While investing in data storage infrastructure is essential to running a business and servicing customers, paying more to do the same means spending less on many other initiatives which benefit the business. These include building websites and apps, maintaining sound defenses from a cybersecurity attack, investing in AI and data analytics initiatives and developing high-performing productivity suites for employees. The goal for any IT organization regardless of priorities and goals is to reduce waste and optimize costs.
Benjamin Henry, Field CTO, Komprise, answers a few questions about optimizing data storage costs, whether in the cloud or in the data center.
How can companies balance the need to cut data storage costs while still managing the increasing volume of data?
By focusing on optimization, not just cost-cutting, you can make decisions that will right-place data for current needs and save money while not adversely affecting users. Start by evaluating your current storage practices and identifying areas of potential waste. Most (80%) of data in a typical organization is cold and has not been used in years, yet this data continues to consume expensive storage and backup resources. By offloading this cold data from expensive storage and backups, organizations can save at least 70 percent. Implement data tiering, which retains active data on high-performance systems while moving rarely accessed cold data to cheaper, cost-effective solutions such as object storage in the cloud. File tiering, which offloads entire files while retaining user access from the original location, also avoids user disruption and shrinks the ransomware attack surface. Clean up duplicate and orphaned data and delete data that is many years old and not necessary to keep for compliance or other reasons. This can quickly free up storage capacity.
How do you get started?
Look to attain holistic visibility of data across hybrid cloud storage and then start collecting and tracking new metrics, such as how much and what types of data you have, where it is stored and its costs for storage and backups, top data owners, common file types and sizes, data growth rates, and data access trends. Armed with these insights, you can now analyze and model new plans for data tiering, data migration and so on. The analytics are also vital to gaining departmental support as most users don’t really know how much data they are generating and storing nor what it is costing the business.
What role does cloud storage play in reducing data storage costs, and when should it be considered?
Cloud storage can be powerful for controlling costs, especially with its scalability, flexibility and pay-by-the-drink nature. Cloud providers offer many storage classes that can align with your data’s frequency of access–further optimizing costs—along with compliance needs. Cloud storage is ideal for migrating large volumes of data in a modernization effort or archiving rarely-accessed cold data from high-performance on-premises systems. Be sure to choose a tiering approach that is not storage specific and does not require you to bring all the files back, causing rehydration; this can result in cloud data egress fees, and worse–require you to buy more of a vendor’s storage in order to leave them!

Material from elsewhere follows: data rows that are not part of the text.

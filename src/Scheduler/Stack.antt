-- ===== src/Scheduler/Stack.antt =====
-- The stack of a new process in `create_process` of process/process.c.
use apna_os.Prelude.{
  ℕ, ◌+◌, ◌-◌, ◌<◌, ◌≡◌, refl, ◌∙◌, ap, Bytes, ◌*◌, ◌%◌, ◌^◌, ◌≤◌, ◌/◌, ◌⊎◌, inr, leb, true, false,
  arith,
}
use apna_os.Prelude.Run.{done, fault}
use apna_os.Memory.{Memory, kernel_memory_size, kmalloc}
use apna_os.Scheduler.{Kernel, poke, poked, write_word, kernel_stack_size}
use apna_os.Scheduler.Keep.{InUse, kmalloc-keeps}

-- The word at `p`, the least byte first.
abbrev word_at : Bytes → ℕ → ℕ
word_at mem p = mem p + mem (p + 1) * 2 ^ 8 + mem (p + 2) * 2 ^ 16 + mem (p + 3) * 2 ^ 24

-- The process at `p` has a stack of 4096 bytes, with the null word and above it the entry point on
-- top.
pub record HasStack (k : Kernel) (p base entry_point : ℕ) : Type 0 where
  pub inside : base + 4096 ≤ kernel_memory_size
  pub start : (k.blocks p).user_stack_base ≡ base
  pub top : (k.blocks p).user_stack_ptr ≡ base + 4088
  pub returns_to : word_at k.memory.kernel_memory (base + 4088) ≡ 0
  pub enters_at : word_at k.memory.kernel_memory (base + 4092) ≡ entry_point % 2 ^ 32

pub poke-inside :
    (p word : ℕ) (k : Kernel)
    → p + 4 ≤ kernel_memory_size
    → poke p word k ≡ done tt (poked p word k)
unfolding poke
poke-inside p word k l =
    let e : leb (p + 4) kernel_memory_size ≡ true = ground (arith, l) in rw e refl

pub poke-outside : (p word : ℕ) (k : Kernel) → kernel_memory_size < p + 4 → poke p word k ≡ fault
unfolding poke
poke-outside p word k l =
    let e : leb (p + 4) kernel_memory_size ≡ false = ground (arith, l) in rw e refl

write_word-word_at : (mem : Bytes) (p word : ℕ) → word_at (write_word mem p word) p ≡ word % 2 ^ 32
unfolding write_word
write_word-word_at mem p word =
    let m' = write_word mem p word in
    let b0 : m' p ≡ word % 256 = ground arith in
    let b1 : m' (p + 1) ≡ word / 2 ^ 8 % 256 = ground arith in
    let b2 : m' (p + 2) ≡ word / 2 ^ 16 % 256 = ground arith in
    let b3 : m' (p + 3) ≡ word / 2 ^ 24 % 256 = ground arith in rw (b0, b1, b2, b3) (omega arith)

same-word_at :
    (mem mem' : Bytes) (p : ℕ)
    → ((q : ℕ) → p ≤ q → q < p + 4 → mem' q ≡ mem q)
    → word_at mem' p ≡ word_at mem p
same-word_at mem mem' p h =
    let b0 = h p (omega arith) (omega arith) in
    let b1 = h (p + 1) (omega arith) (omega arith) in
    let b2 = h (p + 2) (omega arith) (omega arith) in
    let b3 = h (p + 3) (omega arith) (omega arith) in rw (b0, b1, b2, b3) refl

write_word-other :
    (mem : Bytes) (p word q : ℕ) → q < p ⊎ p + 4 ≤ q → write_word mem p word q ≡ mem q
unfolding write_word
write_word-other mem p word q h = ground arith

-- The two words stay where the kernel stack is allocated.
pub stacked :
    (p base word : ℕ) (m : Memory) (mem : Bytes)
    → mem ≡ write_word (write_word m.kernel_memory (base + 4096 - 4) word) (base + 4096 - 8) 0
    → ((q : ℕ) → base ≤ q → q < base + 4096 → InUse m q)
    → (word_at
          (kmalloc kernel_stack_size (record m { kernel_memory = mem })).1.kernel_memory
          (base + 4088)
        ≡ 0)
      × (word_at
            (kmalloc kernel_stack_size (record m { kernel_memory = mem })).1.kernel_memory
            (base + 4092)
          ≡ word % 2 ^ 32)
stacked p base word m mem e used =
    let m1 : Memory = record m { kernel_memory = mem } in
    let keeps : (q : ℕ)
        → base ≤ q
        → q < base + 4096
        → (kmalloc kernel_stack_size m1).1.kernel_memory q ≡ mem q =
      λ q lo hi. kmalloc-keeps kernel_stack_size q m1 (used q lo hi) in
    let inner = write_word m.kernel_memory (base + 4092) word in
    let e8 : base + 4096 - 8 ≡ base + 4088 = omega arith in
    let e4 : base + 4096 - 4 ≡ base + 4092 = omega arith in
    let e' : mem ≡ write_word inner (base + 4088) 0 = rw (e8, e4) at e in
    let low : word_at mem (base + 4088) ≡ 0 =
      ap (λ mem. word_at mem (base + 4088)) e' ∙ write_word-word_at inner (base + 4088) 0 in
    let high : word_at mem (base + 4092) ≡ word % 2 ^ 32 =
      ap (λ mem. word_at mem (base + 4092)) e'
      ∙ same-word_at inner (write_word inner (base + 4088) 0) (base + 4092)
          (λ q lo hi. write_word-other inner (base + 4088) 0 q (inr (omega (arith, lo))))
      ∙ write_word-word_at m.kernel_memory (base + 4092) word in
    (
      same-word_at mem (kmalloc kernel_stack_size m1).1.kernel_memory (base + 4088)
            (λ q lo hi. keeps q (omega (arith, lo)) (omega (arith, hi)))
          ∙ low,
      same-word_at mem (kmalloc kernel_stack_size m1).1.kernel_memory (base + 4092)
            (λ q lo hi. keeps q (omega (arith, lo)) (omega (arith, hi)))
          ∙ high,
    )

Can you explain more about rehydration and when that occurs?
It’s critical to tier data in ways that can avoid or minimize data rehydration costs. This occurs when using storage vendor solutions for data management; if you need to migrate to another storage platform or service, you will first need to rehydrate all of your tiered data back from the cloud to the primary storage due to the characteristics of proprietary, block tiering methods that storage vendors employ. Storage refresh of the hardware typically occurs every 3-5 years so this exercise can be quite costly and time-consuming and requires IT to acquire storage capacity in their data center before moving data to the new vendor. Using a storage-agnostic data management solution with file-level tiering ensures you can move your data directly and avoid rehydration.

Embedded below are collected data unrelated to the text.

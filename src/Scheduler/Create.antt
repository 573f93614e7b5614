-- ===== src/Scheduler/Create.antt =====
-- `create_process` of process/process.c.
use apna_os.Prelude.{
  ℕ, ◌+◌, ◌-◌, ◌<◌, ◌≡◌, refl, Option, none, some, List, ◌∙◌, ap, length, update_self, ◌≤◌, arith,
  dec_le, sym, subst,
}
use apna_os.Prelude.Int.{ℤ}
use apna_os.Prelude.Run
use apna_os.Prelude.Run.{
  done, fault, get, put, pure, ◌>>◌, Returns, returns, Ends, ends, stops, Returns-Ends, bind-Ends,
  mono-Ends, ◌>>=◌,
}
use apna_os.Memory.{Memory, kernel_memory_size, kmalloc}
use apna_os.Memory.Free.{page_of}
use apna_os.Process.{Pcb}
use apna_os.Process.Chain.{insert}
use apna_os.Scheduler.{
  Kernel, change, set_state, state_ready, poked, write_word, fill_process, pointer,
  allocate_kernel_stack, kernel_stack_size, enter_table, sizeof_pcb, enqueue_ready, allocate,
  with_block, build_process, with_stack, create_process,
}
use apna_os.Scheduler.Invariant.{IsKernel, update-same}
use apna_os.Scheduler.Keep.{InUse, block-InUse}
use apna_os.Memory.Heap.{kmalloc_lem}
use apna_os.Scheduler.Ready.{priorities}
use apna_os.Scheduler.Pending.{
  IsPending, IsPending-same, change-IsPending, Allocated, refused, granted, allocate-Allocated,
  allocate-IsPending, enqueue_ready-IsKernel,
}
use apna_os.Scheduler.Stack.{HasStack, poke-inside, poke-outside, stacked}

-- What identifies a process and orders it.
abbrev pub details : Pcb → ℕ × (ℤ × (ℤ × ℤ))
details b = (b.pid, (b.priority, (b.deadline, b.time_to_run)))

-- A block but for its kernel stack.
abbrev pub unstacked : Pcb → Pcb
unstacked b = record b { kernel_stack_base = 0; kernel_stack_ptr = 0 }

-- The process table is linked through one field.
pub table-kept :
    {A : Type 0} (view : Pcb → A)
    → ((b : Pcb) (n : Option ℕ) → view (record b { next_in_table = n }) ≡ view b)
    → (p : ℕ) (k : Kernel) (a : ℕ) → view ((enter_table p k).blocks a) ≡ view (k.blocks a)
table-kept view blind p k a =
    update-same view k.blocks p (record (k.blocks p) { next_in_table = k.process_table_head })
      (blind (k.blocks p) k.process_table_head) a

pub table-IsPending :
    (p : ℕ) (k : Kernel) (ready : List ℕ)
    → IsPending k p ready
    → IsPending (enter_table p k) p ready
table-IsPending p k ready v =
    let f = λ (b : Pcb). record b { next_in_table = k.process_table_head } in
    IsPending-same (change p f k) (enter_table p k) p ready refl refl refl (λ a l. l)
      (change-IsPending p f k ready (v.kernel.is_ready.parents p) v)

pub of-done :
    {A : Type 0} {P : A → Kernel → Type 0} {a : A} {k : Kernel} → Returns P (done a k) → P a k
of-done (returns h) = h

pub allocate_kernel_stack-IsPending :
    (p : ℕ) (k : Kernel) (ready : List ℕ)
    → IsPending k p ready
    → Returns
        (λ _ k'.
          IsPending k' p ready
          × ((a : ℕ) → unstacked (k'.blocks a) ≡ unstacked (k.blocks a))
          × (k'.current_process ≡ k.current_process)
          × (k'.memory ≡ (kmalloc kernel_stack_size k.memory).1))
        (allocate_kernel_stack p k)
unfolding allocate_kernel_stack allocate
allocate_kernel_stack-IsPending p k ready v =
    let stack = (kmalloc kernel_stack_size k.memory).0 in
    let k1 : Kernel = record k { memory = (kmalloc kernel_stack_size k.memory).1 } in
    let (v1, blocks, table, cur) = of-done (allocate-IsPending kernel_stack_size p k ready v) in
    let f = λ (b : Pcb). record b {
      kernel_stack_base = pointer stack;
      kernel_stack_ptr = pointer stack + kernel_stack_size;
    } in
    returns (
      change-IsPending p f k1 ready (v1.kernel.is_ready.parents p) v1,
      (λ a. update-same unstacked k1.blocks p (f (k1.blocks p)) refl a),
      refl,
      refl,
    )

-- What `create_process` comes to.
pub data Created (k : Kernel) (ready : List ℕ) (asked : ℕ × (ℤ × (ℤ × ℤ))) (entry_point : ℕ)
    : Option ℕ → Kernel → Type 0 where
  failed : {k' : Kernel} → IsKernel k' ready → Created k ready asked entry_point none k'
  created :
      (p base : ℕ) {k' : Kernel}
      → k.memory.page_table (page_of p) ≡ 0
      → IsKernel k' (insert (priorities k') p ready)
      → details (k'.blocks p) ≡ asked
      → HasStack k' p base entry_point
      → k'.process_table_head ≡ some p
      → k'.current_process ≡ k.current_process
      → Created k ready asked entry_point (some p) k'

-- The heap gives a block and then, for the stack, one that reaches past the end of `kernel_memory`.
pub record Overhangs (m : Memory) : Type 0 where
  pub block : ℕ
  pub base : ℕ
  pub first : (kmalloc sizeof_pcb m).0 ≡ some block
  pub second : (kmalloc 4096 ((kmalloc sizeof_pcb m).1)).0 ≡ some base
  pub past_end : kernel_memory_size < base + 4096

abbrev pub stack_of : Pcb → ℕ × ℕ
stack_of b = (b.user_stack_base, b.user_stack_ptr)

module _ (fuel pid entry_point : ℕ) (priority deadline time_to_run : ℤ) (ready : List ℕ)
    (bound : length ready < fuel + 1) where
  abbrev asked : ℕ × (ℤ × (ℤ × ℤ))
  asked = (pid, (priority, (deadline, time_to_run)))

  build_rest :
      (p base : ℕ) (k k4 : Kernel)
      → base + 4096 ≤ kernel_memory_size
      → k.memory.page_table (page_of p) ≡ 0
      → k4.current_process ≡ k.current_process
      → ((q : ℕ) → base ≤ q → q < base + 4096 → InUse k4.memory q)
      → IsPending k4 p ready
      → (m : Memory)
      → k4.memory ≡ record m {
        kernel_memory =
            write_word
              (write_word m.kernel_memory (base + 4096 - 4) entry_point)
              (base + 4096 - 8)
              0;
      }
      → details (k4.blocks p) ≡ asked
      → stack_of (k4.blocks p) ≡ (base, base + 4096 - 8)
      → Returns (Created k ready asked entry_point) (
          (allocate_kernel_stack p
              >> (get >>= λ k'.
                  put (set_state p state_ready (enter_table p k'))
                  >> (enqueue_ready fuel p >> pure (some p))))
            k4)
  build_rest p base k k4 inside free cur used v4 m written filled stack =
      let run = λ (b : Pcb). record b { state = state_ready } in
      let writes =
        write_word (write_word m.kernel_memory (base + 4096 - 4) entry_point) (base + 4096 - 8) 0 in
      let (low, high) =
        stacked p base entry_point m writes refl
          (λ q lo hi. subst (λ m. InUse m q) written (used q lo hi)) in
      Run.bind (allocate_kernel_stack-IsPending p k4 ready v4) λ _ k5 (v5, same, cur', mem).
        let k6 = enter_table p k5 in
        let v6 = table-IsPending p k5 ready v5 in
        let v7 = change-IsPending p run k6 ready (v6.kernel.is_ready.parents p) v6 in
        let state = ap (λ b. b.state) (update_self k6.blocks p (run (k6.blocks p))) in
        Run.bind (enqueue_ready-IsKernel fuel p (set_state p state_ready k6) ready v7 state bound)
          λ _ k8 s.
            let bytes : k8.memory.kernel_memory
                ≡ (kmalloc kernel_stack_size
                    (record m { kernel_memory = writes })).1.kernel_memory =
              ap (λ m. m.kernel_memory) (s.1.memory ∙ mem)
              ∙ ap (λ m. (kmalloc kernel_stack_size m).1.kernel_memory) written in
            let stack' : stack_of (k8.blocks p) ≡ (base, base + 4096 - 8) =
              ap stack_of (s.1.links p)
              ∙ update-same stack_of k6.blocks p (run (k6.blocks p)) refl p
              ∙ table-kept stack_of (λ b n. refl) p k5 p
              ∙ ap stack_of (same p)
              ∙ stack in
            let top = ap (λ t. t.1) stack' in
            returns (
              created p base free (s.0)
                (ap details (s.1.links p)
                  ∙ update-same details k6.blocks p (run (k6.blocks p)) refl p
                  ∙ table-kept details (λ b n. refl) p k5 p
                  ∙ ap details (same p)
                  ∙ filled)
                (record {
                  inside = inside;
                  start = ap (λ t. t.0) stack';
                  top = omega (arith, top);
                  returns_to = rw bytes low;
                  enters_at = rw bytes high;
                })
                s.1.table (s.1.current ∙ cur' ∙ cur))

  build_process-Created :
      (p base : ℕ) (k k1 : Kernel) {F : Type 0}
      → k.memory.page_table (page_of p) ≡ 0
      → k1.current_process ≡ k.current_process
      → (base + 4096 ≤ kernel_memory_size
          → (q : ℕ) → base ≤ q
          → q < base + 4096
          → InUse k1.memory q)
      → (kernel_memory_size < base + 4096 → F)
      → IsPending k1 p ready
      → Ends F
          (Created k ready asked entry_point)
          (build_process fuel p base pid entry_point priority deadline time_to_run k1)
  unfolding build_process
  build_process-Created p base k k1 free cur used why v =
      let fill = fill_process pid base priority deadline time_to_run (base + 4096 - 8) in
      let k2 = change p fill k1 in
      elim (dec_le (base + 4096) kernel_memory_size) [
        | no ne ↦
            rw (poke-outside (base + 4096 - 4) entry_point k2 (omega (arith, ne)))
              (stops (why (omega (arith, ne))))
        | yes inside ↦
            let k3 = poked (base + 4096 - 4) entry_point k2 in
            let k4 = poked (base + 4096 - 8) 0 k3 in
            rw
              (
                poke-inside (base + 4096 - 4) entry_point k2 (omega (arith, inside)),
                poke-inside (base + 4096 - 8) 0 k3 (omega (arith, inside)),
              )
              (Returns-Ends (
                build_rest p base k k4 inside free cur (used inside)
                  (IsPending-same k2 k4 p ready refl refl refl (λ a l. l)
                    (change-IsPending p fill k1 ready (v.kernel.is_ready.parents p) v))
                  k1.memory refl (ap details (update_self k1.blocks p (fill (k1.blocks p))))
                  (ap stack_of (update_self k1.blocks p (fill (k1.blocks p))))))
      ]

  with_stack-Created :
      (p : ℕ) (k k1 : Kernel) {F : Type 0} (stack : Option ℕ)
      → k.memory.page_table (page_of p) ≡ 0
      → k1.current_process ≡ k.current_process
      → ((base : ℕ)
          → stack ≡ some base
          → base + 4096 ≤ kernel_memory_size
          → (q : ℕ) → base ≤ q
          → q < base + 4096
          → InUse k1.memory q)
      → ((base : ℕ) → stack ≡ some base → kernel_memory_size < base + 4096 → F)
      → IsPending k1 p ready
      → Ends F
          (Created k ready asked entry_point)
          (with_stack fuel p pid entry_point priority deadline time_to_run stack k1)
  unfolding with_stack
  with_stack-Created p k k1 none free cur used why v = ends (failed v.kernel)
  with_stack-Created p k k1 (some base) free cur used why v =
      build_process-Created p base k k1 free cur (used base refl) (why base refl) v

  with_block-Created :
      (k k1 : Kernel) (block : Option ℕ)
      → block ≡ (kmalloc sizeof_pcb k.memory).0
      → k1.memory ≡ (kmalloc sizeof_pcb k.memory).1
      → Allocated k ready block k1
      → Ends
          (Overhangs k.memory)
          (Created k ready asked entry_point)
          (with_block fuel pid entry_point priority deadline time_to_run block k1)
  unfolding with_block allocate
  with_block-Created k k1 _ got mem (refused v) = ends (failed v)
  with_block-Created k k1 _ got mem (granted p free blocks cur number v) =
      let k2 : Kernel = record k1 { memory = (kmalloc 4096 k1.memory).1 } in
      let (v2, _, _, cur') = of-done (allocate-IsPending 4096 p k1 ready v) in
      with_stack-Created p k k2 ((kmalloc 4096 k1.memory).0) free cur
        (λ base e inside q lo hi. block-InUse (kmalloc_lem 4096 k1.memory e) inside q lo hi)
        (λ base e past. record {
          block = p;
          base = base;
          first = sym got;
          second = subst (λ m. (kmalloc 4096 m).0 ≡ some base) mem e;
          past_end = past;
        })
        v2

  -- Where the queue stands for a list of ready processes in the order of the priorities, which are in
  -- use as every parent is, the current process is in use and not ready, and the fuel is as much as
  -- processes are ready, `create_process` ends in one of two ways, or stops. It returns the null
  -- pointer, and the same processes are ready. Or it returns a block in a page that was free, with the
  -- number, priority, deadline and run time that were asked for, a stack of 4096 bytes inside
  -- `kernel_memory` whose two upper words are the entry point and below it the null word, to which its
  -- stack pointer leads, at the head of the process table, and the queue stands for the list with
  -- that process behind those of no larger priority number. The current process stays then, and what
  -- is assumed of the kernel holds again. It stops at a write behind `kernel_memory` only if the block
  -- that the heap gives for the stack reaches past the end of it.
  pub create_process-Created :
      (k : Kernel)
      → IsKernel k ready
      → Ends
          (Overhangs k.memory)
          (Created k ready asked entry_point)
          (create_process fuel pid entry_point priority deadline time_to_run k)
  unfolding create_process allocate
  create_process-Created k v =
      with_block-Created k (record k { memory = (kmalloc sizeof_pcb k.memory).1 })
        ((kmalloc sizeof_pcb k.memory).0) refl refl
        (of-done (allocate-Allocated sizeof_pcb k ready v))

Last year, the big cloud providers (AWS, Microsoft, Google) said they were eliminating egress fees, but what’s the reality?

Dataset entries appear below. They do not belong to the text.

-- ===== src/Scheduler/Requeue.antt =====
-- The running process of `schedule` in process/process.c goes back into the queue.
use apna_os.Prelude.{
  ℕ, ◌+◌, ◌<◌, ◌≡◌, refl, ◌≢◌, arith, Option, none, some, List, [], ◌∷◌, if◌then◌else◌, ◌==◌, ◌∙◌,
  ap, subst, ◌∉◌, length, update_self, update_ne, Bool-cases, inl, inr, fun_ext,
}
use apna_os.Prelude.Run
use apna_os.Prelude.Run.{Run, done, Returns, returns}
use apna_os.Prelude.Int.{ℤ, ltb_ℤ}
use apna_os.Process.{Pcb}
use apna_os.Process.Chain.{insert}
use apna_os.Scheduler.{
  Kernel, set_state, state_ready, state_running, Switch, to_process, to_child, requeue,
  enqueue_ready,
}
use apna_os.Scheduler.Invariant.{IsReady, IsKernel, change-IsReady, not-mem-AllReady, update-same}
use apna_os.Scheduler.Ready.{SameButLinks, priorities, enqueue_ready-IsReady}

-- The ready processes once the current one, if it runs, is back among them.
abbrev pub waiting : Kernel → Option ℕ → List ℕ → List ℕ
waiting k none ready = ready
waiting k (some c) ready =
    if (k.blocks c).state == state_running then insert (priorities k) c ready else ready

-- Where a process goes on.
abbrev pub entry : ℕ → Pcb → Switch
entry p b = if b.is_new_child then to_child p b.user_stack_ptr else to_process p b.user_stack_ptr

-- How a process stands.
abbrev pub standing : Pcb → ℕ × ℤ
standing b = (b.state, b.exit_status)

-- Blocks that say the same of where a process goes on.
abbrev pub SameEntries : Kernel → Kernel → Type 0
SameEntries k k' = (a : ℕ) → entry a (k'.blocks a) ≡ entry a (k.blocks a)

-- `ws` is ready after the process that ran is back.
pub record Requeued (k : Kernel) (ws : List ℕ) (k' : Kernel) : Type 0 where
  pub is_ready : IsReady k' ws
  pub memory : k'.memory ≡ k.memory
  pub current : k'.current_process ≡ k.current_process
  pub entries : SameEntries k k'
  pub rests : ws ≡ [] → k' ≡ k
  pub stay :
      (a : ℕ) → (k.blocks a).state ≢ state_running → standing (k'.blocks a) ≡ standing (k.blocks a)

insert-not-empty : (key : ℕ → ℤ) (p : ℕ) (xs : List ℕ) → insert key p xs ≢ []
unfolding insert
insert-not-empty key p [] = λ e. cc
insert-not-empty key p (x ∷ xs) = elim (Bool-cases (ltb_ℤ (key p) (key x))) [
  | inl t ↦ rw t (λ e. cc)
  | inr f ↦ rw f (λ e. cc)
]

-- Where a process goes on is not read from its link.
pub links-SameEntries : (k k' : Kernel) → SameButLinks k k' → SameEntries k k'
links-SameEntries k k' s a = ap (λ b. entry a b) (s.links a)

module _ (k : Kernel) (ready : List ℕ) (v : IsKernel k ready) (c : ℕ) where
  abbrev readied : Kernel
  readied = set_state c state_ready k

  -- Setting the state of a block that is not in the queue.
  set_state-IsReady : (s : ℕ) → c ∉ ready → IsReady (set_state c s k) ready
  set_state-IsReady s out =
      change-IsReady c (λ b. record b { state = s }) k ready out (v.is_ready.parents c) v.is_ready

  set_state-entries : (s : ℕ) → SameEntries k (set_state c s k)
  set_state-entries s a =
      update-same (entry a) k.blocks c (record (k.blocks c) { state = s }) refl a

  readied-priorities : priorities readied ≡ priorities k
  readied-priorities =
      fun_ext (
        update-same (λ b. b.priority) k.blocks c (record (k.blocks c) { state = state_ready }) refl)

  requeue-running :
      (fuel : ℕ)
      → length ready < fuel + 1
      → k.current_process ≡ some c
      → (k.blocks c).state ≡ state_running
      → Returns
          (λ _ k'. Requeued k (insert (priorities k) c ready) k')
          (enqueue_ready fuel c readied)
  requeue-running fuel bound e running =
      let (live, not_ready) = v.current c e in
      let out = not-mem-AllReady k.blocks c ready not_ready v.is_ready.states in
      let state =
        ap (λ b. b.state) (update_self k.blocks c (record (k.blocks c) { state = state_ready })) in
      Run.mono
        (enqueue_ready-IsReady fuel c readied ready (set_state-IsReady state_ready out) out state
          live bound)
        λ _ k' r. record {
          is_ready = subst (λ f. IsReady k' (insert f c ready)) readied-priorities (r.0);
          memory = r.1.memory;
          current = r.1.current;
          entries = λ a. links-SameEntries readied k' (r.1) a ∙ set_state-entries state_ready a;
          rests = λ e. absurd (insert-not-empty (priorities k) c ready e);
          stay = λ a ne.
              ap standing (r.1.links a)
              ∙ ap standing (
                  update_ne k.blocks c a (record (k.blocks c) { state = state_ready })
                    (λ same. ne (subst (λ j. (k.blocks j).state ≡ state_running) same running)));
        }

unchanged : (k : Kernel) (ready : List ℕ) → IsReady k ready → Requeued k ready k
unchanged k ready v = record {
  is_ready = v;
  memory = refl;
  current = refl;
  entries = λ a. refl;
  rests = λ e. refl;
  stay = λ a ne. refl;
}

pub requeue-Requeued :
    (fuel : ℕ) (k : Kernel) (ready : List ℕ) (cur : Option ℕ)
    → IsKernel k ready
    → length ready < fuel + 1
    → k.current_process ≡ cur
    → Returns (λ _ k'. Requeued k (waiting k cur ready) k') (requeue fuel cur k)
unfolding requeue
requeue-Requeued fuel k ready none v bound e = returns (unchanged k ready v.is_ready)
requeue-Requeued fuel k ready (some c) v bound e =
    elim (Bool-cases ((k.blocks c).state == state_running)) [
      | inl t ↦ rw t (requeue-running k ready v c fuel bound e (ground (arith, t)))
      | inr f ↦ rw f (returns (unchanged k ready v.is_ready))
    ]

While cloud providers have indeed made some strides in reducing or eliminating certain egress fees, the reality is more nuanced. Many of the announced “no egress fee” policies only apply under specific conditions, such as data transfers between services within the same region or within their own ecosystem (e.g., AWS to AWS or Microsoft to Microsoft) or if you are pulling all your data out of the cloud and cancelling the subscription. In some cases, there are still costs for transferring data out of a cloud provider’s network to external data centers, between different clouds, or even between regions. It’s essential to understand the fine print of each provider’s pricing model and ensure that any cross-cloud or cross-region transfers are clearly mapped out to avoid surprises.
How can CIOs and CXOs manage the risks of unexpected egress costs?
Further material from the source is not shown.